■ **WORK REQUIRED**
Count how many lines hold "ground" in the records, and respond with that number by itself.

Stored data:
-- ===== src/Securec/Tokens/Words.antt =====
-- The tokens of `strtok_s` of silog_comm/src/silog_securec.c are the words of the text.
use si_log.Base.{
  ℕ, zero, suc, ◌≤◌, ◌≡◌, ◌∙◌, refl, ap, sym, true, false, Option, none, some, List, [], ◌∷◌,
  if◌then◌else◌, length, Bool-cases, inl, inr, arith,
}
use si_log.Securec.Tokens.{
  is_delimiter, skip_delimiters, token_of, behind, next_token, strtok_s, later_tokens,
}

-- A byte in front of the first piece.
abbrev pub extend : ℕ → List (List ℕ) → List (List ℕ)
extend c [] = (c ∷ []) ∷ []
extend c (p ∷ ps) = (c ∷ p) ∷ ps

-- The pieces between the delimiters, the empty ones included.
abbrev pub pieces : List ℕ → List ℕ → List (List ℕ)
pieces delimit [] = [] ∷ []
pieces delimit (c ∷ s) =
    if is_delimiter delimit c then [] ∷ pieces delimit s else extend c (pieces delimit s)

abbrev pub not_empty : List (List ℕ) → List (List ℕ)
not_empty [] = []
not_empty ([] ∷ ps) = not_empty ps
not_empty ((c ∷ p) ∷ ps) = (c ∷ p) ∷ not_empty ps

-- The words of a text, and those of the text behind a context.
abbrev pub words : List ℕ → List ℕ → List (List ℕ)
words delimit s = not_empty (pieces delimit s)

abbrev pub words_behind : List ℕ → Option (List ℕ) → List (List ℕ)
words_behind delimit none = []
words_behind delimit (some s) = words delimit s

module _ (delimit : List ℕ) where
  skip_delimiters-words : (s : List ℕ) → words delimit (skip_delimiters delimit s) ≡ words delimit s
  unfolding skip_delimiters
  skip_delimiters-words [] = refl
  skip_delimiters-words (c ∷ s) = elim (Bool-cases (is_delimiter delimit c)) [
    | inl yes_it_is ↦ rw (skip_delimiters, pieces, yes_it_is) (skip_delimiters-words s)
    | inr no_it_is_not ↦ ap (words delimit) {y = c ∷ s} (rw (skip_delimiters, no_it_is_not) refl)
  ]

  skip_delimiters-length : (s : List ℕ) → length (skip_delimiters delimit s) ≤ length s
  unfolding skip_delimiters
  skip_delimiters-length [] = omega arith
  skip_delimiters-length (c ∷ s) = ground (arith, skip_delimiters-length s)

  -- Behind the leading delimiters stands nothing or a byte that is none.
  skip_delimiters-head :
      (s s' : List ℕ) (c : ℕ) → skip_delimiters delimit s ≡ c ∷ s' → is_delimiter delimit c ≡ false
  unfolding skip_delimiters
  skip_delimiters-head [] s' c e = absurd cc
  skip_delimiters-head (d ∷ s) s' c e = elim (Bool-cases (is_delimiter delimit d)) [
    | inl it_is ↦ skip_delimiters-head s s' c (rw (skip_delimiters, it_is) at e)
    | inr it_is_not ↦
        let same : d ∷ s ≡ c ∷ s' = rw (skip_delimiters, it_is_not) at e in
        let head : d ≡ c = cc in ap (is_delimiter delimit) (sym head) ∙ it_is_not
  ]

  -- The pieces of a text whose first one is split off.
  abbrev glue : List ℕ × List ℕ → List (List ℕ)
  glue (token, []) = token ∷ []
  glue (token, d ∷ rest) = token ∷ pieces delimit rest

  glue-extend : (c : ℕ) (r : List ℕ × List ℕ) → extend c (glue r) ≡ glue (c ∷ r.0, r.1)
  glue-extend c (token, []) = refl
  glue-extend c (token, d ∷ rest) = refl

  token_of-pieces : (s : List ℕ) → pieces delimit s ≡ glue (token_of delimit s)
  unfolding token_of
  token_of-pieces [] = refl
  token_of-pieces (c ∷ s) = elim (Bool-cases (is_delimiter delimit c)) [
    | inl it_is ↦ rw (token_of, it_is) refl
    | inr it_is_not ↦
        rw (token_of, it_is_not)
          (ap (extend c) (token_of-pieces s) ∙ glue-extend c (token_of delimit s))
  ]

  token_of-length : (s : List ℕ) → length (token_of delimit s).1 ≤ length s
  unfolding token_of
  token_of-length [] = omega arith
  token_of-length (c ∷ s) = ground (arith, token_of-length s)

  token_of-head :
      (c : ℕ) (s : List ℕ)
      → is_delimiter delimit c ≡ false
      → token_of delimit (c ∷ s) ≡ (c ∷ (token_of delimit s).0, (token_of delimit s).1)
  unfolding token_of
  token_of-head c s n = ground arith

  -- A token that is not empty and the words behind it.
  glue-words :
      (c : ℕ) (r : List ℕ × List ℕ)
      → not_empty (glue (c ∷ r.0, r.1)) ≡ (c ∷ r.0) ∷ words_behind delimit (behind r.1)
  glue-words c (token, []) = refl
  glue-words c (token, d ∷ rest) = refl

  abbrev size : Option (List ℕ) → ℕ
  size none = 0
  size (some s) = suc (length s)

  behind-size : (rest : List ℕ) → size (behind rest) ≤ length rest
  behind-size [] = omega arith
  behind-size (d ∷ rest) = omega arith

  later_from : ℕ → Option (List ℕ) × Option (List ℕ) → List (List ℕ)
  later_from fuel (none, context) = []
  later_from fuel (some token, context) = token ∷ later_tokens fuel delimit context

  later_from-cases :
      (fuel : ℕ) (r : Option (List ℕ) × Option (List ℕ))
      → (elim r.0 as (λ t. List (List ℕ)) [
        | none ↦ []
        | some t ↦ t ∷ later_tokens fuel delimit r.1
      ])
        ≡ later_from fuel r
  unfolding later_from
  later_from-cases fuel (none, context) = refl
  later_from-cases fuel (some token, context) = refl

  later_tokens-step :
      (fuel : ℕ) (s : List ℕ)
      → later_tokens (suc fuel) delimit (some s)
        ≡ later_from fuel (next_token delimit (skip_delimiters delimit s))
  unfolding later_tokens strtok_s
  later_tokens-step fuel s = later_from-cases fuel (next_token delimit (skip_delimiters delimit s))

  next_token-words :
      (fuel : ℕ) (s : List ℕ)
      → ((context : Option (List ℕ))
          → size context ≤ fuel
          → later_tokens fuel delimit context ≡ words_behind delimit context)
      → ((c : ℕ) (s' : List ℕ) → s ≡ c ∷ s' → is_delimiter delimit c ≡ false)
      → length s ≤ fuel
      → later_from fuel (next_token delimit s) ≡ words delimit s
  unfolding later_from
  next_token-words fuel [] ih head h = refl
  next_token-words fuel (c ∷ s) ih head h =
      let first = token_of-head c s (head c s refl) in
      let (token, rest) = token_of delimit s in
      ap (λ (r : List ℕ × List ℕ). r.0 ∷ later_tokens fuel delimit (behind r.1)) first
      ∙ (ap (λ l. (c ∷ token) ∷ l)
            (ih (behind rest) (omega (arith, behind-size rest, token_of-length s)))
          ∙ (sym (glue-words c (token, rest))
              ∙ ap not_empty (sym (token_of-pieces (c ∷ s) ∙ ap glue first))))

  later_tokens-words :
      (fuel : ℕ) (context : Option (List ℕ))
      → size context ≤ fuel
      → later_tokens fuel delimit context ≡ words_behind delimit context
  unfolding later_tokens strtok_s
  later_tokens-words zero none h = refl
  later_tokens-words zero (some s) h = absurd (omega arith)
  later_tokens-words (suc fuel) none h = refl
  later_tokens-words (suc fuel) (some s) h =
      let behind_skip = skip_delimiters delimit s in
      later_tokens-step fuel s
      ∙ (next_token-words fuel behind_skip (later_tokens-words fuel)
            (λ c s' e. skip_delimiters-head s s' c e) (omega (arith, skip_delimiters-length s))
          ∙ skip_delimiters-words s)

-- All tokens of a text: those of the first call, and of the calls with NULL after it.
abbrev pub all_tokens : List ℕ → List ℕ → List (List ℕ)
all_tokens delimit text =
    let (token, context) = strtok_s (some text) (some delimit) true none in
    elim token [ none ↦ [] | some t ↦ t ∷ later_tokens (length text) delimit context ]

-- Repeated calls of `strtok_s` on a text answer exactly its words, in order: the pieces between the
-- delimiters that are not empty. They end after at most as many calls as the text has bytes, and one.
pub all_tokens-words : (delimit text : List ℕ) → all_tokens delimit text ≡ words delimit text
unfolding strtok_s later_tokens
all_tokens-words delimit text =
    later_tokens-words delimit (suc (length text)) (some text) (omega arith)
* * *
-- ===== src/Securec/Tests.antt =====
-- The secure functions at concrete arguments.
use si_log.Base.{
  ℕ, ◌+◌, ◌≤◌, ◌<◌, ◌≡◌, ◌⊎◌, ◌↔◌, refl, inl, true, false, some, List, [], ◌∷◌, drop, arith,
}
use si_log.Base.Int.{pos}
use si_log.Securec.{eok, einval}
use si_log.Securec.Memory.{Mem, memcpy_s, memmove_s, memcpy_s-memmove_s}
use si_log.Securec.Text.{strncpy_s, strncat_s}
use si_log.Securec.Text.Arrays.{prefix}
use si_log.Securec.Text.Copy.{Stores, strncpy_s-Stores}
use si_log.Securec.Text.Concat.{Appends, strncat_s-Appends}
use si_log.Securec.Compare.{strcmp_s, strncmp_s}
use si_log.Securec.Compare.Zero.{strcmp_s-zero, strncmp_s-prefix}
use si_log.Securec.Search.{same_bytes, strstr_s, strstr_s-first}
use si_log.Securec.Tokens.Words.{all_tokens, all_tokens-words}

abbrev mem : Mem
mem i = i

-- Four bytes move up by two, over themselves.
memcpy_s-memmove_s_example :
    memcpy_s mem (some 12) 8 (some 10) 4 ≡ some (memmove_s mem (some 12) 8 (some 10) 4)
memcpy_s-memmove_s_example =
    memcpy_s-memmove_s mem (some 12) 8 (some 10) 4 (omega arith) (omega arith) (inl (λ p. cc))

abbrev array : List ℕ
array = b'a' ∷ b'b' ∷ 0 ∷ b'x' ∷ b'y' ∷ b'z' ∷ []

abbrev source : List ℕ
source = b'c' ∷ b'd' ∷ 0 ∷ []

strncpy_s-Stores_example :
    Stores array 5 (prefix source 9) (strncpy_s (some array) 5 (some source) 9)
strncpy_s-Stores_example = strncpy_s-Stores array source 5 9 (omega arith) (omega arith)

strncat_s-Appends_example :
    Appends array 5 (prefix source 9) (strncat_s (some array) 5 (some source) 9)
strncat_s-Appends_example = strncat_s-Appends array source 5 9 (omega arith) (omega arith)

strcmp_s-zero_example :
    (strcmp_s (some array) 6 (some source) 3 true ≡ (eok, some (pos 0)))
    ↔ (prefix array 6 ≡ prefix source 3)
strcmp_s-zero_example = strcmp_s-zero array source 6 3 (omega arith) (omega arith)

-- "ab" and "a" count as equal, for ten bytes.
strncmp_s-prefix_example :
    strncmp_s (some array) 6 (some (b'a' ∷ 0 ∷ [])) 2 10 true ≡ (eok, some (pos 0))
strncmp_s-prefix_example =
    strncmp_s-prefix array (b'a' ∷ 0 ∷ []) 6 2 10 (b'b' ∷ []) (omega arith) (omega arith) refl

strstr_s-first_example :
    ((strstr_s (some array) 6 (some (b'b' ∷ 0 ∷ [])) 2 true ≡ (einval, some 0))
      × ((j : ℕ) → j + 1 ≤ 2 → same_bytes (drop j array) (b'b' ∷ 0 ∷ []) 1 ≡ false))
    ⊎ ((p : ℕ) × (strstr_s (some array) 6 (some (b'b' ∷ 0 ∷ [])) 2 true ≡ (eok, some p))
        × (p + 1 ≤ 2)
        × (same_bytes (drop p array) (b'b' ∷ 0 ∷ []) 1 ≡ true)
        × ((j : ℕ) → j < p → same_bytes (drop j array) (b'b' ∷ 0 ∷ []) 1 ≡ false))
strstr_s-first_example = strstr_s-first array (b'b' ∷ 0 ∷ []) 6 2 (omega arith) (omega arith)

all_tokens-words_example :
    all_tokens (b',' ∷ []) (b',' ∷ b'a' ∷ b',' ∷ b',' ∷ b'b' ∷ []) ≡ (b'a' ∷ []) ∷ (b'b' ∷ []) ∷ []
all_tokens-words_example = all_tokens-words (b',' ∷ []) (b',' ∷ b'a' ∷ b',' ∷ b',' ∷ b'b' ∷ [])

■ **ANSWER TO THIS PROBLEM**
3